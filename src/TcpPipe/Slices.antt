-- ===== src/TcpPipe/Slices.antt =====
-- Leading parts of lists, for the code of pipe/tcp-pipe/tcp-pipe-endpoint.cpp that sends and fills
-- its buffers piece by piece.
use common.Base.{
  ℕ, zero, suc, ◌+◌, ◌≤◌, ◌≡◌, refl, ap, ◌∙◌, List, [], ◌∷◌, ◌++◌, length, take, drop, All, arith,
  take-append,
}

module _ {ℓ} {A : Type ℓ} where
  pub take_within : (n : ℕ) (xs ys : List A) → n ≤ length xs → take n (xs ++ ys) ≡ take n xs
  take_within zero xs ys h = refl
  take_within (suc n) [] ys h = absurd (omega arith)
  take_within (suc n) (x ∷ xs) ys h = ap (λ t. x ∷ t) (take_within n xs ys (omega arith))

  pub take_past : (n : ℕ) (xs ys : List A) → take (length xs + n) (xs ++ ys) ≡ xs ++ take n ys
  take_past n [] ys = ap (λ k. take k ys) {x = 0 + n} (omega arith)
  take_past n (x ∷ xs) ys =
      ap (λ k. take k (x ∷ (xs ++ ys))) {y = suc (length xs + n)} (omega arith)
      ∙ ap (λ t. x ∷ t) (take_past n xs ys)

  pub drop_within : (n : ℕ) (xs ys : List A) → n ≤ length xs → drop n (xs ++ ys) ≡ drop n xs ++ ys
  drop_within zero xs ys h = refl
  drop_within (suc n) [] ys h = absurd (omega arith)
  drop_within (suc n) (x ∷ xs) ys h = drop_within n xs ys (omega arith)

  pub drop_past : (n : ℕ) (xs ys : List A) → drop (length xs + n) (xs ++ ys) ≡ drop n ys
  drop_past n [] ys = ap (λ k. drop k ys) {x = 0 + n} (omega arith)
  drop_past n (x ∷ xs) ys =
      ap (λ k. drop k (x ∷ (xs ++ ys))) {y = suc (length xs + n)} (omega arith) ∙ drop_past n xs ys

  -- A leading part grows by what follows it.
  pub take_more :
      (n : ℕ) (xs bytes rest : List A)
      → drop n xs ≡ bytes ++ rest
      → take (n + length bytes) xs ≡ take n xs ++ bytes
  take_more zero xs bytes rest h =
      ap (λ k. take k xs) {y = length bytes} (omega arith)
      ∙ ap (take (length bytes)) h
      ∙ take-append bytes rest
  take_more (suc n) [] [] rest h = ap (λ k. take k []) {y = suc n} (omega arith)
  take_more (suc n) [] (b ∷ bytes) rest h = cc
  take_more (suc n) (x ∷ xs) bytes rest h =
      ap (λ k. take k (x ∷ xs)) {y = suc (n + length bytes)} (omega arith)
      ∙ ap (λ t. x ∷ t) (take_more n xs bytes rest h)

  pub take-append_drop : (n : ℕ) (xs : List A) → take n xs ++ drop n xs ≡ xs
  take-append_drop zero xs = refl
  take-append_drop (suc n) [] = refl
  take-append_drop (suc n) (x ∷ xs) = ap (λ t. x ∷ t) (take-append_drop n xs)

  -- A leading part that is overwritten behind `n` grows by what is put there.
  pub take_put :
      (n : ℕ) (xs bytes rest : List A)
      → n ≤ length xs
      → take (n + length bytes) (take n xs ++ (bytes ++ rest)) ≡ take n xs ++ bytes
  take_put zero xs bytes rest h =
      ap (λ k. take k (bytes ++ rest)) {y = length bytes} (omega arith) ∙ take-append bytes rest
  take_put (suc n) [] bytes rest h = absurd (omega arith)
  take_put (suc n) (x ∷ xs) bytes rest h =
      ap (λ k. take k (x ∷ (take n xs ++ (bytes ++ rest)))) {y = suc (n + length bytes)}
        (omega arith)
      ∙ ap (λ t. x ∷ t) (take_put n xs bytes rest (omega arith))

  pub All-take {κ} : (P : A → Type κ) (n : ℕ) (xs : List A) → All P xs → All P (take n xs)
  All-take P zero xs h = tt
  All-take P (suc n) [] h = tt
  All-take P (suc n) (x ∷ xs) h = (h.0, All-take P n xs h.1)

  pub All-drop {κ} : (P : A → Type κ) (n : ℕ) (xs : List A) → All P xs → All P (drop n xs)
  All-drop P zero xs h = h
  All-drop P (suc n) [] h = tt
  All-drop P (suc n) (x ∷ xs) h = All-drop P n xs h.1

━━━━━━━━━━━━━━━━

Only the lines from the one containing "All-take P (suc n) (x" to the end of the records should be repeated, exactly as they appear.

  All-take P (suc n) (x ∷ xs) h = (h.0, All-take P n xs h.1)

  pub All-drop {κ} : (P : A → Type κ) (n : ℕ) (xs : List A) → All P xs → All P (drop n xs)
  All-drop P zero xs h = h
  All-drop P (suc n) [] h = tt
  All-drop P (suc n) (x ∷ xs) h = All-drop P n xs h.1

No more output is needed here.